• Work task: Using the material below, print the line that contains "load (ConfigFile.document (some", the line that contains "enrich_registered_host allowlist input", and every line in between, exactly and nothing else.

• Records for this task:
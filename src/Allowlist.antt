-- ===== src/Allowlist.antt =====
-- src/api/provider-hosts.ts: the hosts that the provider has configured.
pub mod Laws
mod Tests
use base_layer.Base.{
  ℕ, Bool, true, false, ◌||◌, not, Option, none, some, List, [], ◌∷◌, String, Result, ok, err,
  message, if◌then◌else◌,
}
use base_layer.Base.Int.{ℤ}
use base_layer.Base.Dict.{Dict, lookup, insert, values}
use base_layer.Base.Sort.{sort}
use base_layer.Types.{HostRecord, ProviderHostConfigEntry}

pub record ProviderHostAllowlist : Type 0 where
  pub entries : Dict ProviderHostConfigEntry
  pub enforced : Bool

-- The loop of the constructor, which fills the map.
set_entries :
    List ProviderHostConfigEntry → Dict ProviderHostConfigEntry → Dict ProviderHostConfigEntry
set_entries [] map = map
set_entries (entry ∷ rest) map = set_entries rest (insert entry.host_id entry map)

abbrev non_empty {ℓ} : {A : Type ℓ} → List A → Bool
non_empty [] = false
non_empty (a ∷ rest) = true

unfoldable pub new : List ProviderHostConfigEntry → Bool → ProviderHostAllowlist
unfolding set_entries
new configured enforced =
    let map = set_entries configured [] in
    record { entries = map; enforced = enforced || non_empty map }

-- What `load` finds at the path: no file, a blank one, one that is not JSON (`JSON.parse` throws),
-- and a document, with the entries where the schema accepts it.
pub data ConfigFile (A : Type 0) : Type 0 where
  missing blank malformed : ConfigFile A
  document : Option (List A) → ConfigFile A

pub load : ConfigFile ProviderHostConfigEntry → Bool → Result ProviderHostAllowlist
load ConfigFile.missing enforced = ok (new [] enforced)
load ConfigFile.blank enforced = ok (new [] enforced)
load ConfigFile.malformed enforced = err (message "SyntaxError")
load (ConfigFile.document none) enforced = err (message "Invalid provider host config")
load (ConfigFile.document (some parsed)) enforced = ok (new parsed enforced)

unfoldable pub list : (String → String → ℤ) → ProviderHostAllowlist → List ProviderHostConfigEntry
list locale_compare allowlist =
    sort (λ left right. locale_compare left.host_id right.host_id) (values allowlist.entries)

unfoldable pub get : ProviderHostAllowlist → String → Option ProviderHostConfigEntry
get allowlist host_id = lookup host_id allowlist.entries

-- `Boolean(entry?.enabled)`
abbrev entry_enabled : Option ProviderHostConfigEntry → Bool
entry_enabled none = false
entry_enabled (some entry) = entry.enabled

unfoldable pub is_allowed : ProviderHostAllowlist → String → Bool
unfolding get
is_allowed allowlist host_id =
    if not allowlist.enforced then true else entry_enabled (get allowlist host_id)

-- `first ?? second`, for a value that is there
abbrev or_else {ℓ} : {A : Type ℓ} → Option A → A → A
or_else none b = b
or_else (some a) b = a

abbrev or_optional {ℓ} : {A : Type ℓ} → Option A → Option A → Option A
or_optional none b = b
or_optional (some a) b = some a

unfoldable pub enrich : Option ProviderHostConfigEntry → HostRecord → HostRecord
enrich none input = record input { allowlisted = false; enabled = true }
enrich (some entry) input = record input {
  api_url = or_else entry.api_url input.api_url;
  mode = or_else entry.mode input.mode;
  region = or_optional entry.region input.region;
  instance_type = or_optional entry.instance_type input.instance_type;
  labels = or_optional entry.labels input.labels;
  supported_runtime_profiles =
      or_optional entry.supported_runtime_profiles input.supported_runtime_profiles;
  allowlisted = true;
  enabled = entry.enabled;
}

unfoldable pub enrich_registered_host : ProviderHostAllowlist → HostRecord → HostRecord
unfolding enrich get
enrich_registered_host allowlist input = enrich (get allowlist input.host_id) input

* * *

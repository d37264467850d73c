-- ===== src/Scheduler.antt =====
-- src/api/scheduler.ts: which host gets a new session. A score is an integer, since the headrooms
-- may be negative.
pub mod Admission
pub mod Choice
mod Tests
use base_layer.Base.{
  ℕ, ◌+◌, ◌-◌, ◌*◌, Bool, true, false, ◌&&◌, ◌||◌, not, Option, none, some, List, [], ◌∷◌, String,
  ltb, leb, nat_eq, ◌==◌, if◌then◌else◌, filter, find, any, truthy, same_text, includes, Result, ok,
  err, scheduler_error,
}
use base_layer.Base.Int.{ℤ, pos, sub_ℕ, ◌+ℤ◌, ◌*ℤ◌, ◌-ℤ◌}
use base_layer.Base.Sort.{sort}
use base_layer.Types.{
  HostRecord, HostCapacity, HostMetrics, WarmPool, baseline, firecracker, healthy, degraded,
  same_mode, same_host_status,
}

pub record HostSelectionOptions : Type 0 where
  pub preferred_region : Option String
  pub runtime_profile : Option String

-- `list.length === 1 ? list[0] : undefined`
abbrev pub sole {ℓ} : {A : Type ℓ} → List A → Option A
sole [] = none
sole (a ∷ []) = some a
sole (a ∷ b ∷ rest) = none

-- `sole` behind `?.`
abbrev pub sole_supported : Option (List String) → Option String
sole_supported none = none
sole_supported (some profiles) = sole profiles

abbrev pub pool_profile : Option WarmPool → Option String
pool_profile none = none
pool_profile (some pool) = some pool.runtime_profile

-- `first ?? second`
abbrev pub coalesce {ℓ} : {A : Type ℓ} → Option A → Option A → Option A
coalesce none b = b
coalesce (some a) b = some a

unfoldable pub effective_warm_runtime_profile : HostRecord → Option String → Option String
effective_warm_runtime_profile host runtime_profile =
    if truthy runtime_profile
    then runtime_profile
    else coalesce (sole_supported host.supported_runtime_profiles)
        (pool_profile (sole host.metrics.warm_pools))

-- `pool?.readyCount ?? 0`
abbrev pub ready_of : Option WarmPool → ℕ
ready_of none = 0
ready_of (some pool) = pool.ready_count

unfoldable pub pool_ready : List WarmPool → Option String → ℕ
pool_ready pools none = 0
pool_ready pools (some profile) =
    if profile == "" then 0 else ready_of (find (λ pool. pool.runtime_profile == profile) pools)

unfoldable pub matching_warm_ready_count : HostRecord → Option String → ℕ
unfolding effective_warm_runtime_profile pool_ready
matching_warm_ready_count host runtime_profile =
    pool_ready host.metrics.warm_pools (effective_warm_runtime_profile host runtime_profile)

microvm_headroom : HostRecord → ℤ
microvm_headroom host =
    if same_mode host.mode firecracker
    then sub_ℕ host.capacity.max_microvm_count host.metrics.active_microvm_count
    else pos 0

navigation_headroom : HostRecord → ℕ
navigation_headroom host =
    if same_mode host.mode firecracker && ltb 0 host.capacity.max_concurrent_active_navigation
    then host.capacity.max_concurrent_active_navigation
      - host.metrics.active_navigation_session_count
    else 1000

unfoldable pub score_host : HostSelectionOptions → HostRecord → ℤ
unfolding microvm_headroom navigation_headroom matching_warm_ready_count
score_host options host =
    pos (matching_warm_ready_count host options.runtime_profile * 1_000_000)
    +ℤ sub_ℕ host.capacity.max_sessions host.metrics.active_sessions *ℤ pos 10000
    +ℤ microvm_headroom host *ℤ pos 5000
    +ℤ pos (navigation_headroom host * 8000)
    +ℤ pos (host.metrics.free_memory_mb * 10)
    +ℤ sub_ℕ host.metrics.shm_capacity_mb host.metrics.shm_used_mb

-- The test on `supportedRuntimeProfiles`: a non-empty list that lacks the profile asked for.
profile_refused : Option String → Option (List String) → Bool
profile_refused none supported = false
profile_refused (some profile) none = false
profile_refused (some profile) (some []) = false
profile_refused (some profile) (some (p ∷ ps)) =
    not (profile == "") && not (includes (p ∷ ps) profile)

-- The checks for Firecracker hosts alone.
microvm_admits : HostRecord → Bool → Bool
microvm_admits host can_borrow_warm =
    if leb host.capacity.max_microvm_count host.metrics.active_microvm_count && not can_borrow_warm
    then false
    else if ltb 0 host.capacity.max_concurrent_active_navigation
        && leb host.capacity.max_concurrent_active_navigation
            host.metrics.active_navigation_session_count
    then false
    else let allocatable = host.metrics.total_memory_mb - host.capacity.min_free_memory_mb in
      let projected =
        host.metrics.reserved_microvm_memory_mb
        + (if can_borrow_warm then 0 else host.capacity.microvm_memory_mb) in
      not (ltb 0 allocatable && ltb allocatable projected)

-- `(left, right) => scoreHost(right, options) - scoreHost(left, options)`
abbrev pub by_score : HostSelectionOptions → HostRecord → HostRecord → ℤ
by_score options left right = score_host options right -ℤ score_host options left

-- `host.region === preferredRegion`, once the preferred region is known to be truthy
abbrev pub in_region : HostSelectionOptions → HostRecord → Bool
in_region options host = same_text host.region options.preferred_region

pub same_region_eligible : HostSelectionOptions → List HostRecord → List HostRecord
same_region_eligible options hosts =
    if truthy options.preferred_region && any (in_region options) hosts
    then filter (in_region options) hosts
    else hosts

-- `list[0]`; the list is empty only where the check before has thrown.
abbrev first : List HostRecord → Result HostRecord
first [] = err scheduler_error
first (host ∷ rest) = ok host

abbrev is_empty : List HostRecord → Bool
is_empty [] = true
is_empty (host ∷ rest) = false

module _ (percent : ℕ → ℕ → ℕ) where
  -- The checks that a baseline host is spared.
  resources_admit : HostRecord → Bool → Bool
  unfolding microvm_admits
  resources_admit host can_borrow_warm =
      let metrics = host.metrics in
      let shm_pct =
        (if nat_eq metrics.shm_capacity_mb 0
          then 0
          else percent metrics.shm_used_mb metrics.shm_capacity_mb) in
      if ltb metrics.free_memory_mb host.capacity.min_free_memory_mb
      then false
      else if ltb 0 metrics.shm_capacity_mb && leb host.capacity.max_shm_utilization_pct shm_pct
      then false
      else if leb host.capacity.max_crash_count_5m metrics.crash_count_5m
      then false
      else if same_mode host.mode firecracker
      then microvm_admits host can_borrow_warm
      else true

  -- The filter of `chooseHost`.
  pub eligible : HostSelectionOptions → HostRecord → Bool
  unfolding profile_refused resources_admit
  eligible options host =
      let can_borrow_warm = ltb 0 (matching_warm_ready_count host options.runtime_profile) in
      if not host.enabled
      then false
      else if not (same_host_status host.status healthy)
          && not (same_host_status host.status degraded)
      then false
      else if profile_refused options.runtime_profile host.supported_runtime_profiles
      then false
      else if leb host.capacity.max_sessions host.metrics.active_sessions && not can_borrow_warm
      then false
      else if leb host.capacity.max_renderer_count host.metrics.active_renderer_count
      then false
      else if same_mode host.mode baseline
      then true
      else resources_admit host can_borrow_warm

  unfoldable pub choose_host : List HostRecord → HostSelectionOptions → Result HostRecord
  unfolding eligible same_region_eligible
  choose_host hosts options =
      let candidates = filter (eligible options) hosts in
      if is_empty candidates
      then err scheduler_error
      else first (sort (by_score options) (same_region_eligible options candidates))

---

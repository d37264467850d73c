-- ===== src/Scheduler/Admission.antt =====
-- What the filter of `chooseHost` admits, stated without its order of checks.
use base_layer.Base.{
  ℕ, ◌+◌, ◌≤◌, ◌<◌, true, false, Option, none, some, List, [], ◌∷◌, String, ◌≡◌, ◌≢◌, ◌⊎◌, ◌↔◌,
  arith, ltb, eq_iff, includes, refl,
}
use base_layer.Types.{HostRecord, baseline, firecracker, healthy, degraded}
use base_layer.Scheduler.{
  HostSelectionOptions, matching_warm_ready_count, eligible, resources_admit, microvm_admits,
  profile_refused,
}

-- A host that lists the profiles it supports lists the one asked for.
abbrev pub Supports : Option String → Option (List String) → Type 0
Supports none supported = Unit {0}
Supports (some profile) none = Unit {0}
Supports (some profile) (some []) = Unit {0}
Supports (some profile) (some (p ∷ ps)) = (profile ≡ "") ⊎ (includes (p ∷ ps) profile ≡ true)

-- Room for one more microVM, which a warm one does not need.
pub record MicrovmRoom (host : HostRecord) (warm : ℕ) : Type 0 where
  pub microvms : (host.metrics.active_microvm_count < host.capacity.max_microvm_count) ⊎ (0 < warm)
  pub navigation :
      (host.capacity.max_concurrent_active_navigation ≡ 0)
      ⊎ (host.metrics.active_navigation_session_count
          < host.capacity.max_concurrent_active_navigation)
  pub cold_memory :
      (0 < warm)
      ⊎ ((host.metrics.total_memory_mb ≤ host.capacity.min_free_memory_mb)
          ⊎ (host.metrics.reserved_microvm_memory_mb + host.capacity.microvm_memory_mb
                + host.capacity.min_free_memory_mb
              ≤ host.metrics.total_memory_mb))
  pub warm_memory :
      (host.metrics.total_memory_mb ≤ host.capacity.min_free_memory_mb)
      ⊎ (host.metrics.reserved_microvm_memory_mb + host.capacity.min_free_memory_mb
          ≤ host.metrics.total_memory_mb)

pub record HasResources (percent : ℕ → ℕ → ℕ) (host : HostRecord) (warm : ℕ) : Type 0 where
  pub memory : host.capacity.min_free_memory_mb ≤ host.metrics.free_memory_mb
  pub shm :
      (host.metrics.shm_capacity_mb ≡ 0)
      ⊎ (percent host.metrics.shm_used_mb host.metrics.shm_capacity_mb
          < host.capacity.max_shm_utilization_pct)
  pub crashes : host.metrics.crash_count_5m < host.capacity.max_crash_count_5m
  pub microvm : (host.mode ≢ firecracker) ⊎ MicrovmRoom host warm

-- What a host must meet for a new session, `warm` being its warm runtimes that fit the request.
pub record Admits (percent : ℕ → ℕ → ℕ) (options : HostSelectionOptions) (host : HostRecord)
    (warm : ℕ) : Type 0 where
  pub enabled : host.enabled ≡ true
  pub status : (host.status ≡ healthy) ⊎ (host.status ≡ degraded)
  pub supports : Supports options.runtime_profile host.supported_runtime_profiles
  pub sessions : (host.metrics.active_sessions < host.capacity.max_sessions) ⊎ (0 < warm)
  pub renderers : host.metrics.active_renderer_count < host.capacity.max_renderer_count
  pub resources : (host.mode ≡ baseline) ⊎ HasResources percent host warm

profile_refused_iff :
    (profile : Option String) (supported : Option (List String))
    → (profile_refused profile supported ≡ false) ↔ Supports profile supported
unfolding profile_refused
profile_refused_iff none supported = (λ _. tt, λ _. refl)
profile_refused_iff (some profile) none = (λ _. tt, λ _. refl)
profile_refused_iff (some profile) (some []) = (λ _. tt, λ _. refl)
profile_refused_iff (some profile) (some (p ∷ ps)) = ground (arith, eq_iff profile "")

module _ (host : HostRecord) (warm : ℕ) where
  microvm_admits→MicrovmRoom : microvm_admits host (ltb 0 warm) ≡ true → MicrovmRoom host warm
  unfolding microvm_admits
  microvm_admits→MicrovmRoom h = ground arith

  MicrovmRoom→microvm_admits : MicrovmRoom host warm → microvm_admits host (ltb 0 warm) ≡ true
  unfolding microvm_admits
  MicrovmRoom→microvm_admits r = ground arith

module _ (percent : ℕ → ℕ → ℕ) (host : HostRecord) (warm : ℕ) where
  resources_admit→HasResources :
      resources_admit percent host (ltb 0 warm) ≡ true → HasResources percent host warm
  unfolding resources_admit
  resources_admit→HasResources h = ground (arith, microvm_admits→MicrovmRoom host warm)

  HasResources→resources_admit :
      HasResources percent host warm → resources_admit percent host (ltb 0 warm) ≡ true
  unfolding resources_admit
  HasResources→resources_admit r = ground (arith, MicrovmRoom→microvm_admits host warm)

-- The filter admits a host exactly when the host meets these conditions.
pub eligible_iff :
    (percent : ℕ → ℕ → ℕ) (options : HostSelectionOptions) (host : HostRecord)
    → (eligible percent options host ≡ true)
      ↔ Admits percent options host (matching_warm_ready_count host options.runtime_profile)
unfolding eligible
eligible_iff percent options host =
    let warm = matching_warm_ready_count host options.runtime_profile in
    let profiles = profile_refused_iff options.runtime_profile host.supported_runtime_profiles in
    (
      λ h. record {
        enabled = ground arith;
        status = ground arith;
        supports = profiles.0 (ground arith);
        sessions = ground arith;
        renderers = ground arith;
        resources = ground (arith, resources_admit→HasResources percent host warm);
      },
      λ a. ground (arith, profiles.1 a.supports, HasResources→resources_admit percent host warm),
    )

• Reply:
load (ConfigFile.document (some parsed)) enforced = ok (new parsed enforced)

unfoldable pub list : (String → String → ℤ) → ProviderHostAllowlist → List ProviderHostConfigEntry
list locale_compare allowlist =
    sort (λ left right. locale_compare left.host_id right.host_id) (values allowlist.entries)

unfoldable pub get : ProviderHostAllowlist → String → Option ProviderHostConfigEntry
get allowlist host_id = lookup host_id allowlist.entries

-- `Boolean(entry?.enabled)`
abbrev entry_enabled : Option ProviderHostConfigEntry → Bool
entry_enabled none = false
entry_enabled (some entry) = entry.enabled

unfoldable pub is_allowed : ProviderHostAllowlist → String → Bool
unfolding get
is_allowed allowlist host_id =
    if not allowlist.enforced then true else entry_enabled (get allowlist host_id)

-- `first ?? second`, for a value that is there
abbrev or_else {ℓ} : {A : Type ℓ} → Option A → A → A
or_else none b = b
or_else (some a) b = a

abbrev or_optional {ℓ} : {A : Type ℓ} → Option A → Option A → Option A
or_optional none b = b
or_optional (some a) b = some a

unfoldable pub enrich : Option ProviderHostConfigEntry → HostRecord → HostRecord
enrich none input = record input { allowlisted = false; enabled = true }
enrich (some entry) input = record input {
  api_url = or_else entry.api_url input.api_url;
  mode = or_else entry.mode input.mode;
  region = or_optional entry.region input.region;
  instance_type = or_optional entry.instance_type input.instance_type;
  labels = or_optional entry.labels input.labels;
  supported_runtime_profiles =
      or_optional entry.supported_runtime_profiles input.supported_runtime_profiles;
  allowlisted = true;
  enabled = entry.enabled;
}

unfoldable pub enrich_registered_host : ProviderHostAllowlist → HostRecord → HostRecord
unfolding enrich get
enrich_registered_host allowlist input = enrich (get allowlist input.host_id) input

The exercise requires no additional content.